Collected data
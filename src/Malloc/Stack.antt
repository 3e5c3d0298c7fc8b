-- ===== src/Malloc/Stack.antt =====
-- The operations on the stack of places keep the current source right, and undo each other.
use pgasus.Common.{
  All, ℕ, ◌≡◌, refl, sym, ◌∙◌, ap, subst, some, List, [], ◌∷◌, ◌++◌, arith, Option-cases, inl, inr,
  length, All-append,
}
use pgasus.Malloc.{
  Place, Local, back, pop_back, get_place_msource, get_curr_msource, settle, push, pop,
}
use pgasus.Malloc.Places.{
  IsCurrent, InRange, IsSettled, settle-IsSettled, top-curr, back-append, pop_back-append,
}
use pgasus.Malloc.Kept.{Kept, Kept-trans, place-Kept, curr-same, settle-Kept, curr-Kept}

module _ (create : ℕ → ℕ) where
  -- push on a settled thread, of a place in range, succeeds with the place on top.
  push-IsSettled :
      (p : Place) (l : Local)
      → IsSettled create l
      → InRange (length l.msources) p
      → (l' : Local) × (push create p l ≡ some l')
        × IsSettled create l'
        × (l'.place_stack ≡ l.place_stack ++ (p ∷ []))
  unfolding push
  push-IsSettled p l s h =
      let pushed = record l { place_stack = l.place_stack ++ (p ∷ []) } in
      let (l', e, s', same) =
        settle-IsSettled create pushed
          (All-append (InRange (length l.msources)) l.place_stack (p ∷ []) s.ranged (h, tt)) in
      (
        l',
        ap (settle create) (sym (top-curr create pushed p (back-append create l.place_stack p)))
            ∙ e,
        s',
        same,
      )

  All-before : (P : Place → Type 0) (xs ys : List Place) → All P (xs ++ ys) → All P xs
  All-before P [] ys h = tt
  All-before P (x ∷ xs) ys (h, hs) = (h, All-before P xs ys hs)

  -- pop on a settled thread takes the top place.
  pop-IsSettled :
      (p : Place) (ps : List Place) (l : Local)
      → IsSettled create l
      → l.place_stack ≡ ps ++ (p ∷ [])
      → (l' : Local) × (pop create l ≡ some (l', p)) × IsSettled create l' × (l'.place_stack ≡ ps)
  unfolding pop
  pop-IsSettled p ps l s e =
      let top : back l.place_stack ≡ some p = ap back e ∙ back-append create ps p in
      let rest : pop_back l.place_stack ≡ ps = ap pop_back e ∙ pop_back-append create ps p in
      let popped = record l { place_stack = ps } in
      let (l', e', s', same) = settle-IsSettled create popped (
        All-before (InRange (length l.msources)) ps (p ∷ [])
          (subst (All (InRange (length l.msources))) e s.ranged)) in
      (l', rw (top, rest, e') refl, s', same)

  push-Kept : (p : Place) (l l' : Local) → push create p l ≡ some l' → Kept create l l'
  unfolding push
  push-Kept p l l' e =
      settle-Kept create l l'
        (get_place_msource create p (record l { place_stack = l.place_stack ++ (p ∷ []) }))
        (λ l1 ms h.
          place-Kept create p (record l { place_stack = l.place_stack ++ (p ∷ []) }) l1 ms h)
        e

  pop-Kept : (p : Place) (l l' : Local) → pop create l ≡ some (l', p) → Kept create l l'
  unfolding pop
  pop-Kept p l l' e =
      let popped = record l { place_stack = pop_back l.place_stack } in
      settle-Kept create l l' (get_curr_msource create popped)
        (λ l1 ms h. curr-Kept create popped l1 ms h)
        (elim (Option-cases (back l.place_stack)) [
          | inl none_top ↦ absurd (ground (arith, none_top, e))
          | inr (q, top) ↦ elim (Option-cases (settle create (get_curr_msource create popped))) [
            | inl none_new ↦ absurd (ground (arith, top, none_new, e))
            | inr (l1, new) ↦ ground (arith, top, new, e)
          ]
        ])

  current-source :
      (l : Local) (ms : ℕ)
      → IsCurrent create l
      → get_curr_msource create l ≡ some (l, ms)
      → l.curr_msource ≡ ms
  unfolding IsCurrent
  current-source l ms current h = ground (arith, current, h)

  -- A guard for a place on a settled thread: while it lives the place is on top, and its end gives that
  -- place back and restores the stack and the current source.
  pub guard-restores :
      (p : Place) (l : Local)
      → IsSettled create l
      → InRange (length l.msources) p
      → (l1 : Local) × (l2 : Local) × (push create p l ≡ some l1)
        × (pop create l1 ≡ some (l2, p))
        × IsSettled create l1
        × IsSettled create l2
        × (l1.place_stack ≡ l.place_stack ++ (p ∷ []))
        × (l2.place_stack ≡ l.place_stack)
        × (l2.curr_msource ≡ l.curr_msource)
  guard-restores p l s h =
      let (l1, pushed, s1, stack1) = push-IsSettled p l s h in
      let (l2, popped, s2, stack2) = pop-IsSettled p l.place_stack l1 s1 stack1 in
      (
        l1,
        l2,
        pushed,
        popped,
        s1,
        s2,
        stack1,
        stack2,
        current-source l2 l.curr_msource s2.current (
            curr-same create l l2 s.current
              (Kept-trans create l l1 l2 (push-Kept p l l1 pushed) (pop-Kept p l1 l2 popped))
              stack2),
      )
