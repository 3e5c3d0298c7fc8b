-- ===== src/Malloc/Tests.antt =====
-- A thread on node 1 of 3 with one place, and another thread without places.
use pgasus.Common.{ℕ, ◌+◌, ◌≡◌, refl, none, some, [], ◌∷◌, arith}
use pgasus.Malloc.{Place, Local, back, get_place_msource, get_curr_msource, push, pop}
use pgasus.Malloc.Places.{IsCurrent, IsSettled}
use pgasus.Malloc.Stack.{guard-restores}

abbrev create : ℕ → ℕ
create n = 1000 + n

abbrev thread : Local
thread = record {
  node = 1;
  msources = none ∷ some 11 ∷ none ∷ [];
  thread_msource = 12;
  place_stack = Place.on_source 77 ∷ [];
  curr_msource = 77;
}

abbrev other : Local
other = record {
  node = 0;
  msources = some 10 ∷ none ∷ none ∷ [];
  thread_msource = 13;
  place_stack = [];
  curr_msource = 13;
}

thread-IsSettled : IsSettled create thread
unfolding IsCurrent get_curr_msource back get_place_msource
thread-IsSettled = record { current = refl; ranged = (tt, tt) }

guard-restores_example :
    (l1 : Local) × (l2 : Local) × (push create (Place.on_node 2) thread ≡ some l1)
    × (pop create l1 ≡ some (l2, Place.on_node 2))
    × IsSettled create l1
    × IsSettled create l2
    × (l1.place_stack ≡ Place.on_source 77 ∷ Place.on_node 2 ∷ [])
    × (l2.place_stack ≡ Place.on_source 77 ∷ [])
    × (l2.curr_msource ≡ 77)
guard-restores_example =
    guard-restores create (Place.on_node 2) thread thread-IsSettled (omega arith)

#### [What is being asked]
For the records above, tally the lines in which "IsCurrent" appears, and give the number by itself.

#### [Solution to the problem]
5